University of Toronto student and permanent resident of Canada, Tahmid Khan, was granted bail on Sunday after spending three months in a Bangladeshi jail.

Khan was present during an almost 12-hour siege in a café in Dhaka on July 1. Gunmen attacked the café, killing 20 and holding another 13 hostage. The police arrived the following morning and were able to free the 13 hostages, but took Khan and another British citizen, Hasnat Karim, to be questioned as witnesses.

According to Section 52 of the Bangladeshi Code of Criminal Procedure, the police are allowed to question someone without an official warrant.

“It’s been hard, because [Khan] spent three months [in jail], and watching someone you care about go through something like this, and not really being able to help him directly,” said Josh Grondin, a U of T student and a friend of Khan. “So now that we know that he’s not in much danger anymore and is on track to come back to Toronto, it feels really good.”

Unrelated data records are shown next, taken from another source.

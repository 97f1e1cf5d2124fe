-- ===== src/Inventory/Adjust/Series.antt =====
-- A loop of stock changes, as a sale and its cancellation run it over `adjustStock`
-- (src/services/inventoryService.ts).
use backend_v.Prelude.{◌≡◌, sym, ap, ◌∙◌, List, [], ◌∷◌, if◌then◌else◌}
use backend_v.Prelude.Int.{ℤ, pos, ◌+ℤ◌, int_laws}
use backend_v.Errors.{ok}
use backend_v.Inventory.Adjust.{AdjustStockInput, StockChange, adjust_stock}
use backend_v.Inventory.Adjust.Effects.{is_target, shop_stock-adjust_stock}
use backend_v.Inventory.Books.{Tracks}
use backend_v.Inventory.Books.Laws.{Tracks-refl, Tracks-trans, adjust_stock-Tracks}
use backend_v.Inventory.Views.Laws.{shop_stock}
use backend_v.Store.Action.{Action, pure, for_each, ◌>>◌, >>=-eq-ok}
use backend_v.Store.Loops.{for_each-eq-ok, for_each-keeps}
use backend_v.Store.Schema.{RowId, Db}

module _ {A : Type 0} (input : A → AdjustStockInput) where
  -- One round of the loop.
  abbrev pub change_stock : A → Action (Unit {0})
  change_stock x = adjust_stock (input x) >> pure tt

  -- What the changes of the loop add up to for a product at a branch.
  unfoldable pub total_change : RowId → RowId → List A → ℤ
  total_change s p [] = pos 0
  total_change s p (x ∷ xs) =
      if is_target (input x) s p
      then (input x).delta +ℤ total_change s p xs
      else total_change s p xs

  change_stock-eq-ok :
      (x : A) (d d' : Db)
      → change_stock x d ≡ (ok tt, d')
      → (change : StockChange) × (adjust_stock (input x) d ≡ (ok change, d'))
  change_stock-eq-ok x d d' h =
      let (change, y, adjusted, rest) =
        >>=-eq-ok (adjust_stock (input x)) (λ _. pure tt) d tt d' h in
      (change, adjusted ∙ ap (λ z. (ok change, z)) (ap (λ r. r.1) rest))

  -- A loop that ended has moved each product's stock by the sum of its changes.
  pub shop_stock-series :
      (xs : List A) (d d' : Db) (s p : RowId)
      → for_each xs change_stock d ≡ (ok tt, d')
      → shop_stock d' s p ≡ shop_stock d s p +ℤ total_change s p xs
  unfolding for_each total_change
  shop_stock-series [] d d' s p h =
      let same : d ≡ d' = ap (λ r. r.1) h in rw (sym same) (omega int_laws)
  shop_stock-series (x ∷ xs) d d'' s p h =
      let (d', first, rest) = for_each-eq-ok x xs change_stock d d'' h in
      let (change, adjusted) = change_stock-eq-ok x d d' first in
      grind (
        int_laws,
        shop_stock-adjust_stock (input x) d change d' s p adjusted,
        shop_stock-series xs d' d'' s p rest,
      )

  -- And it has kept the accounts in step.
  pub series-Tracks :
      (xs : List A) (d d' : Db) → for_each xs change_stock d ≡ (ok tt, d') → Tracks d d'
  series-Tracks xs d d' h =
      for_each-keeps (Tracks d) change_stock
        (λ x y y' tracked step.
          let (change, adjusted) = change_stock-eq-ok x y y' step in
          Tracks-trans tracked (adjust_stock-Tracks (input x) y change y' adjusted))
        xs d d' (Tracks-refl d) h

In a U of T News article published yesterday, Althea Blackburn-Evans, the director of media relations at U of T, said that the university was pleased that Khan was granted the bail.

“We’re looking forward to his return to the university and we will do everything we can to support him when he is ready to resume his studies,” stated Blackburn-Evans.

It is still unclear when Khan will be able to return back to Toronto, as of press time.

The Dhaka Tribune also reported yesterday on its website that, in spite of the current bail, a court hearing has been scheduled to take place on Wednesday following a petition filed by police alleging that Khan did not cooperate with them during the investigation.

“I personally don’t think it would be a problem to dismiss [Khan] easily; I think it’s more of a formality,” said Grondin.